Falta ainda muito para recuperar direitos destruídos no período da troika e não há sociedade que recupere dignidade e democracia se tudo isso ficar à porta das empresas.

Intervenção de Catarina Martins no encerramento da Conferência dos 200 anos de Karl Marx, realizada em Lisboa a 24 e 25 de março.

Começo com uma notícia deste momento: aumenta a lista de presos políticos na Catalunha. Ordens de Rajoy com a cumplicidade da União Europeia. Um dos muitos caminhos que vai mostrando por estes dias como o neoliberalismo dispensa a democracia. Foi convocada uma concentração solidária para a amanhã às 19h frente ao consulado espanhol em Lisboa: “Liberdade para os presos políticos”. Lá encontramos.

Camaradas,

Ao longo de dois dias conversámos sobre Marx e o seu legado, discutimos o marxismo como instrumento que interpela o que vivemos e interpelámos o legado de então pela experiência de hoje.

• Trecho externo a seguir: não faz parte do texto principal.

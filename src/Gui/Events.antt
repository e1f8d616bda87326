-- ===== src/Gui/Events.antt =====
-- crates/gui/src/app.rs, `handle_daemon_event`: what an event of the daemon changes in the window.
pub mod Folders
use owncloud_sync_client.Common.{
  ℕ, String, ◌<>◌, Bool, true, false, not, Option, none, some, List, [], ◌∷◌, ◌++◌, map, keep, find,
  contains, ◌==◌, ◌!=◌, string_eq, number_eq, if◌then◌else◌, is_empty,
}
use owncloud_sync_client.SyncEngine.Types.{Uuid}
use owncloud_sync_client.Daemon.Ipc.{DaemonCommand, DaemonEvent, FolderSnapshot, AccountSnapshot}
use owncloud_sync_client.Daemon.Ipc as Ipc
use owncloud_sync_client.Gui.Model.{
  FolderStatus, FolderView, AccountView, SpaceInfo, View, App, send,
}

abbrev pub prepend : {A : Type 0} → A → Option (List A) → Option (List A)
prepend x none = none
prepend x (some xs) = some (x ∷ xs)

-- The first element that passes, changed.
unfoldable pub update_first : {A : Type 0} → (A → Bool) → (A → A) → List A → Option (List A)
update_first p f [] = none
update_first p f (x ∷ xs) =
    let rest = prepend x (update_first p f xs) in if p x then some (f x ∷ xs) else rest

abbrev pub or_same : {A : Type 0} → A → Option A → A
or_same a none = a
or_same a (some b) = b

abbrev in_account :
    (FolderView → FolderView)
    → Uuid
    → AccountView
    → List AccountView
    → Option (List FolderView)
    → List AccountView
    → List AccountView
in_account f id a rest none changed = a ∷ changed
in_account f id a rest (some folders) changed = record a { folders = folders } ∷ rest

-- `find_folder_mut` with a change of the folder in place.
unfoldable pub update_folder :
    Uuid → (FolderView → FolderView) → List AccountView → List AccountView
unfolding update_first
update_folder id f [] = []
update_folder id f (a ∷ more) =
    in_account f id a more (update_first (λ (x : FolderView). x.id == id) f a.folders)
      (update_folder id f more)

-- `iter_mut().find(|a| a.id == account_id)` with a change of the account in place.
unfoldable pub update_account :
    Uuid → (AccountView → AccountView) → List AccountView → List AccountView
unfolding update_first
update_account id f accounts =
    or_same accounts (update_first (λ (a : AccountView). a.id == id) f accounts)

abbrev pub find_account : Uuid → List AccountView → Option AccountView
find_account id accounts = find (λ (a : AccountView). a.id == id) accounts

abbrev pub folders_of : Option AccountView → List FolderView
folders_of none = []
folders_of (some a) = a.folders

abbrev pub on_finished : List String → FolderView → FolderView
on_finished errors f =
    if is_empty errors
    then record f { progress = none; status = FolderStatus.idle; errors = [] }
    else record f { progress = none; status = FolderStatus.error; errors = errors }

unfoldable pub status_of : String → FolderStatus
status_of s =
    if s == "syncing"
    then FolderStatus.syncing
    else if s == "paused"
    then FolderStatus.paused
    else FolderStatus.idle

unfoldable pub view_folder : FolderSnapshot → FolderView
unfolding status_of
view_folder f = record {
  id = f.folder_id;
  space_id = f.space_id;
  display_name = f.display_name;
  local_path = f.local_path;
  status = status_of f.status;
  progress = none;
  errors = [];
}

unfoldable pub view_account : AccountSnapshot → AccountView
unfolding view_folder
view_account a = record {
  id = a.account_id;
  url = a.url;
  display_name = a.display_name;
  folders = map view_folder a.folders;
}

abbrev pub space_info : Ipc.SpaceInfo → SpaceInfo
space_info s = record { id = s.id; name = s.name; drive_type = s.drive_type }

-- The view for the spaces of an account: the personal one is chosen when the account has no folders
-- yet, and those that have one are left out afterwards.
unfoldable pub pick_view : Uuid → List SpaceInfo → List FolderView → View
pick_view id spaces folders =
    if is_empty folders
    then View.pick_spaces id spaces
        (map (λ (s : SpaceInfo). s.id)
          (keep (λ (s : SpaceInfo). s.drive_type == "personal") spaces))
        none
    else View.pick_spaces id
        (keep
          (λ (s : SpaceInfo). not (contains (map (λ (f : FolderView). f.space_id) folders) s.id))
          spaces)
        [] none

abbrev on_add_started : Uuid → View → View
on_add_started id (View.add_account_waiting stored url) = View.add_account_waiting id url
on_add_started id view = view

abbrev on_add_failed : String → View → View
on_add_failed reason (View.add_account_waiting stored url) = View.add_account url (some reason)
on_add_failed reason view = view

abbrev on_space_failed : Uuid → String → View → View
on_space_failed id reason (View.pick_spaces aid spaces selected error) =
    View.pick_spaces aid spaces selected (if aid == id then some reason else error)
on_space_failed id reason (View.pick_root_folder aid spaces path error) =
    View.pick_root_folder aid spaces path (if aid == id then some reason else error)
on_space_failed id reason view = view

abbrev pub on_folder_added : Uuid → View → View
on_folder_added id (View.pick_root_folder aid spaces path error) =
    if aid == id then View.sync_status else View.pick_root_folder aid spaces path error
on_folder_added id view = view

unfoldable pub handle_daemon_event : DaemonEvent → App → App
unfolding update_folder update_account view_account pick_view
handle_daemon_event DaemonEvent.ready app = app
handle_daemon_event (DaemonEvent.sync_started id) app = record app {
  accounts =
      update_folder id (λ f. record f { status = FolderStatus.syncing; errors = [] }) app.accounts;
}
handle_daemon_event (DaemonEvent.sync_progress id done total) app = record app {
  accounts = update_folder id (λ f. record f { progress = some (done, total) }) app.accounts;
}
handle_daemon_event (DaemonEvent.sync_finished id errors report) app = record app {
  accounts = update_folder id (on_finished errors) app.accounts;
}
handle_daemon_event (DaemonEvent.file_status_changed path status) app = app
handle_daemon_event (DaemonEvent.account_state_changed id state) app = app
handle_daemon_event (DaemonEvent.account_add_started id) app = record app {
  active_view = on_add_started id app.active_view;
}
handle_daemon_event (DaemonEvent.account_add_failed id reason) app = record app {
  active_view = on_add_failed reason app.active_view;
}
handle_daemon_event (DaemonEvent.account_add_completed id user_id display_name url) app =
    send (DaemonCommand.list_spaces id) (record app {
      accounts =
          app.accounts
          ++ record { id = id; url = url; display_name = display_name; folders = [] } ∷ [];
    })
handle_daemon_event (DaemonEvent.spaces_listed id spaces) app = record app {
  active_view = pick_view id (map space_info spaces) (folders_of (find_account id app.accounts));
}
handle_daemon_event (DaemonEvent.account_space_failed id reason) app = record app {
  active_view = on_space_failed id reason app.active_view;
}
handle_daemon_event (DaemonEvent.account_folder_added id folder_id space_id local_path display_name)
      app =
    record app {
      accounts =
          update_account id
            (λ a. record a {
              folders =
                  a.folders
                  ++ record {
                    id = folder_id;
                    space_id = space_id;
                    display_name = display_name;
                    local_path = local_path;
                    status = FolderStatus.idle;
                    progress = none;
                    errors = [];
                  }
                    ∷ [];
            })
            app.accounts;
      active_view = on_folder_added id app.active_view;
    }
handle_daemon_event (DaemonEvent.space_discovered id space_id space_name suggested_path) app = app
handle_daemon_event (DaemonEvent.space_removed id folder_id space_name local_path) app =
    record app {
      accounts =
          update_account id
            (λ a. record a { folders = keep (λ (f : FolderView). f.id != folder_id) a.folders })
            app.accounts;
    }
handle_daemon_event (DaemonEvent.account_snapshot accounts) app = record app {
  accounts = map view_account accounts;
}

Tivemos a extraordinária oportunidade de ouvir e de partilhar ideias com filósofos, historiadores, artistas, economistas e cientistas políticos oriundos de Espanha, Reino Unido, Canadá, França, Líbano, Índia e Estados Unidos. Agradecemos sentidamente a generosidade da sua presença. Num ano de tantas celebrações marxistas, ter estas pessoas reunidas aqui, foi um privilégio.

Agradeço ao Francisco Louçã, que tornou possível este programa, à Marisa Matias e ao Luís Fazenda, ao departamento internacional do Bloco e à equipa de produção que tornaram possível este encontro. Agradeço aos tradutores e aos intérpretes que acompanharam este congresso, tornado possível o nosso diálogo em português, inglês, francês, castelhano e língua gestual portuguesa. Um agradecimento ainda ao esquerda.net que permitiu que este congresso fosse acompanhado em direto, também à distância. E, claro, a todos os que com a sua presença fizeram este congresso ao longo de dois dias.

Este congresso contou com o empenho de dirigentes e militantes do Bloco e de tantas outras pessoas que se juntaram e que estudaram, prepararam intervenções, debateram, como oradores nos diversos painéis ou na plateia. Foram 500 participantes que construíram este congresso, usando a análise marxista para pensar a crise económica e as convulsões do nosso mundo, do sistema financeiro ao patriarcado, da integração europeia à crise climática. Recusando análises simplistas, caricaturas ou profecias. Aqui não há espectadores do tempo, somos marxistas. Conhecemos para transformar, para superar o capitalismo, para romper opressões, para emancipar.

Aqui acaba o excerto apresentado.